WHAT IS EXPECTED:
Scan the records for "then" and copy each line that contains it.

BEGIN GIVEN DATA

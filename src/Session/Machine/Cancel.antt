-- ===== src/Session/Machine/Cancel.antt =====
-- What a hang-up cancels besides the pump and the watchdog.
use keycard.Prelude.{ℕ, Bool, true, false, ◌≡◌, ◌⊎◌, Option, none, List, [], ◌∷◌, arith, count_if}
use keycard.Session.Types.{
  Session, Effect, Pump, Teardown, destroys, destroys_kept, unset, pausing, created, destroying,
  cancelled, awaiting, opening,
}
use keycard.Session.Tasks.Reaper.{connection_lost, cancel_pump, cancel_watchdog}
use keycard.Session.Tasks.Channel.{stop_feeder}
use keycard.Session.Tasks.Teardown.{begin_teardown, cancel_teardown}
use keycard.Session.Machine.{
  Event, step, run, hangs_up, teardown_is_interrupted, pump_interrupted, others,
}
use keycard.Session.Machine.Frame.{Frame, is_waiting, is_hang_up, step_keeps, run_keeps}

-- While the pump waits for a teardown that is destroying the room, a hang-up cancels that teardown:
-- once the interrupt has reached it, the session has left the registry with its teardown
-- cancelled, and the exit status that it has recorded is the one from before.
pub hang_up_cancels_checkout :
    (can_pause : ℕ → Bool) (s : Session) (ours : Bool) (r : ℕ)
    → s.pump ≡ awaiting ours
    → s.teardown ≡ destroying r
    → let t = run can_pause (hangs_up ∷ teardown_is_interrupted ∷ []) s in
      (t.teardown ≡ cancelled) × (t.active ≡ false) × (t.status ≡ s.status)
unfolding run step connection_lost cancel_pump cancel_watchdog stop_feeder begin_teardown
    cancel_teardown
hang_up_cancels_checkout can_pause s ours r p d = ground arith

-- Calls that remove a room from the host.
abbrev pub is_removing : Effect → Bool
is_removing (destroys r) = true
is_removing (destroys_kept handle) = true
is_removing _ = false

-- The teardown task has the room in hand.
abbrev holds_room : Teardown → Bool
holds_room (pausing r) = true
holds_room (destroying r) = true
holds_room _ = false

record IsStuck (n : ℕ) (s : Session) : Type 0 where
  over : s.teardown ≡ cancelled
  registered : s.active ≡ true
  pump_over : (s.pump ≡ Pump.done) ⊎ ((ours : Bool) × (s.pump ≡ awaiting ours))
  same : count_if is_removing s.effects ≡ n

record IsOver (n : ℕ) (s : Session) : Type 0 where
  pump_done : s.pump ≡ Pump.done
  empty : s.room ≡ none
  idle : holds_room s.teardown ≡ false
  same : count_if is_removing s.effects ≡ n

Frame-IsStuck : (n : ℕ) (k : Bool) (s t : Session) → Frame k s t → IsStuck n s → IsStuck n t
Frame-IsStuck n k s t f h = ground (arith, f.effects, f.pump, f.active, f.teardown)

Frame-IsOver : (n : ℕ) (k : Bool) (s t : Session) → Frame k s t → IsOver n s → IsOver n t
Frame-IsOver n k s t f h = ground (arith, f.effects, f.pump, f.room, f.teardown)

module _ (can_pause : ℕ → Bool) (n : ℕ) where
  other-IsStuck :
      (e : Event)
      → is_waiting e ≡ false
      → (s : Session) → IsStuck n s
      → IsStuck n (step can_pause e s)
  unfolding step
  other-IsStuck (others move) w s h = record {
    over = h.over;
    registered = h.registered;
    pump_over = h.pump_over;
    same = h.same;
  }
  other-IsStuck _ w s h = ground arith

  run-IsStuck : (es : List Event) (s : Session) → IsStuck n s → IsStuck n (run can_pause es s)
  run-IsStuck =
      run_keeps can_pause (IsStuck n)
        λ e. step_keeps can_pause (IsStuck n) e (Frame-IsStuck n (is_hang_up e)) (other-IsStuck e)

  other-IsOver :
      (e : Event)
      → is_waiting e ≡ false
      → (s : Session) → IsOver n s
      → IsOver n (step can_pause e s)
  unfolding step
  other-IsOver (others move) w s h = record {
    pump_done = h.pump_done;
    empty = h.empty;
    idle = h.idle;
    same = h.same;
  }
  other-IsOver _ w s h = ground arith

  run-IsOver : (es : List Event) (s : Session) → IsOver n s → IsOver n (run can_pause es s)
  run-IsOver =
      run_keeps can_pause (IsOver n)
        λ e. step_keeps can_pause (IsOver n) e (Frame-IsOver n (is_hang_up e)) (other-IsOver e)

begun-IsStuck :
    (can_pause : ℕ → Bool) (s : Session) (ours allow_keep : Bool)
    → s.pump ≡ awaiting ours
    → s.teardown ≡ created allow_keep
    → s.active ≡ true
    → IsStuck
        (count_if is_removing s.effects)
        (run can_pause (hangs_up ∷ teardown_is_interrupted ∷ []) s)
unfolding run step connection_lost cancel_pump cancel_watchdog stop_feeder begin_teardown
    cancel_teardown
begun-IsStuck can_pause s ours allow_keep p d a = ground arith

-- A hang-up of a registered session, before the teardown that its pump waits for has run its first
-- line, cancels that task without running it: whatever happens later, the session stays in the
-- registry that a drain waits on, and destroys neither its room nor a kept one.
pub unbegun_teardown_never_releases :
    (can_pause : ℕ → Bool) (s : Session) (ours allow_keep : Bool) (es : List Event)
    → s.pump ≡ awaiting ours
    → s.teardown ≡ created allow_keep
    → s.active ≡ true
    → let t = run can_pause es (run can_pause (hangs_up ∷ teardown_is_interrupted ∷ []) s) in
      (t.active ≡ true) × (count_if is_removing t.effects ≡ count_if is_removing s.effects)
unbegun_teardown_never_releases can_pause s ours allow_keep es p d a =
    let h = run-IsStuck can_pause _ es _ (begun-IsStuck can_pause s ours allow_keep p d a) in
    (h.registered, h.same)

opening-IsOver :
    (can_pause : ℕ → Bool) (s : Session) (found : Option ℕ)
    → s.pump ≡ opening found
    → s.room ≡ none
    → s.teardown ≡ unset
    → IsOver (count_if is_removing s.effects) (run can_pause (hangs_up ∷ pump_interrupted ∷ []) s)
unfolding run step connection_lost cancel_pump cancel_watchdog stop_feeder begin_teardown
    cancel_teardown
opening-IsOver can_pause s found p r d = ground arith

-- A hang-up while the room is being opened or resumed, with no teardown begun, ends the pump there.
-- From then on, whatever happens, the session has no room, and neither destroys one nor drops the
-- paused room that it had claimed for the resume.
pub hang_up_strands_opening :
    (can_pause : ℕ → Bool) (s : Session) (found : Option ℕ) (es : List Event)
    → s.pump ≡ opening found
    → s.room ≡ none
    → s.teardown ≡ unset
    → let t = run can_pause es (run can_pause (hangs_up ∷ pump_interrupted ∷ []) s) in
      (t.room ≡ none) × (count_if is_removing t.effects ≡ count_if is_removing s.effects)
hang_up_strands_opening can_pause s found es p r d =
    let h = run-IsOver can_pause _ es _ (opening-IsOver can_pause s found p r d) in
    (h.empty, h.same)
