-- ===== src/Session/Machine/Drive.antt =====
-- A teardown that nothing cancels runs to its end, whatever its calls give back.
use keycard.Prelude.{
  ℕ, Bool, false, ◌&&◌, ◌≡◌, Option, none, some, List, [], ◌∷◌, ◌++◌, arith, ℤ, if◌then◌else◌,
}
use keycard.Session.Types.{
  Session, Effect, Pump, Output, checked_out, pauses, destroys, created, finished, reading, unset,
}
use keycard.Session.Tasks.Teardown.{keep_enabled, checkout}
use keycard.Session.Machine.{
  Event, step, run, teardown_begins, room_paused, room_destroyed, read_ends, pump_resumes,
}

-- The calls that a teardown owes the room, latest first.
abbrev pub owed : (ℕ → Bool) → Bool → Option ℕ → Session → List Effect
owed can_pause allow_keep paused s = elim s.room [
  | none ↦ []
  | some r ↦
      if allow_keep && (keep_enabled s && can_pause r)
      then (elim paused [ none ↦ destroys r ∷ pauses r ∷ [] | some handle ↦ pauses r ∷ [] ])
      else destroys r ∷ []
]

-- The events of a teardown task, from its beginning to its end.
abbrev pub teardown_events : Option ℕ → Option ℤ → List Event
teardown_events paused destroyed =
    teardown_begins ∷ room_paused paused ∷ room_destroyed destroyed ∷ []

module _ (can_pause : ℕ → Bool) where
  -- A teardown that has been created and is not cancelled ends, whether `pause` and `destroy`
  -- return or raise: the session has left the registry and holds no room, and the calls made are
  -- exactly one `destroy`, or one `pause` where keeping is asked for, enabled and allowed, with a
  -- `destroy` after a pause that raised; or none where there was no room.
  pub teardown_completes :
      (s : Session) (allow_keep : Bool) (paused : Option ℕ) (destroyed : Option ℤ)
      → s.teardown ≡ created allow_keep
      → s.teardown_cancelled ≡ false
      → let t = run can_pause (teardown_events paused destroyed) s in
        (t.teardown ≡ finished)
        × (t.active ≡ false)
        × (t.room ≡ none)
        × (t.effects ≡ owed can_pause allow_keep paused s ++ s.effects)
  unfolding run step
  teardown_completes s allow_keep paused destroyed begun clean = ground arith

  -- A shell that exits on its own, with no teardown under way and the channel open, and nothing else
  -- that happens to the session until its teardown has run to the end and the pump has gone on: the
  -- room is destroyed and not paused, whatever a pause would have given, and the client is told so
  -- and given the status that `destroy` returned, or 1 where it raised.
  pub exit_reports_status :
      (s : Session) (r : ℕ) (paused : Option ℕ) (destroyed : Option ℤ)
      → s.pump ≡ reading r
      → s.room ≡ some r
      → s.teardown ≡ unset
      → s.teardown_cancelled ≡ false
      → s.closing ≡ false
      → let t =
          run can_pause (read_ends ∷ teardown_events paused destroyed ++ pump_resumes ∷ []) s in
        (t.outputs ≡ Output.exit (checkout destroyed) ∷ Output.destroyed checked_out ∷ s.outputs)
        × (t.effects ≡ destroys r ∷ s.effects)
        × (t.active ≡ false)
        × (t.pump ≡ Pump.done)
  unfolding run step
  exit_reports_status s r paused destroyed p room none_yet clean open' = ground arith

END GIVEN DATA

OUTPUT BELOW:
-- From then on, whatever happens, the session has no room, and neither destroys one nor drops the
  ℕ, Bool, false, ◌&&◌, ◌≡◌, Option, none, some, List, [], ◌∷◌, ◌++◌, arith, ℤ, if◌then◌else◌,
      then (elim paused [ none ↦ destroys r ∷ pauses r ∷ [] | some handle ↦ pauses r ∷ [] ])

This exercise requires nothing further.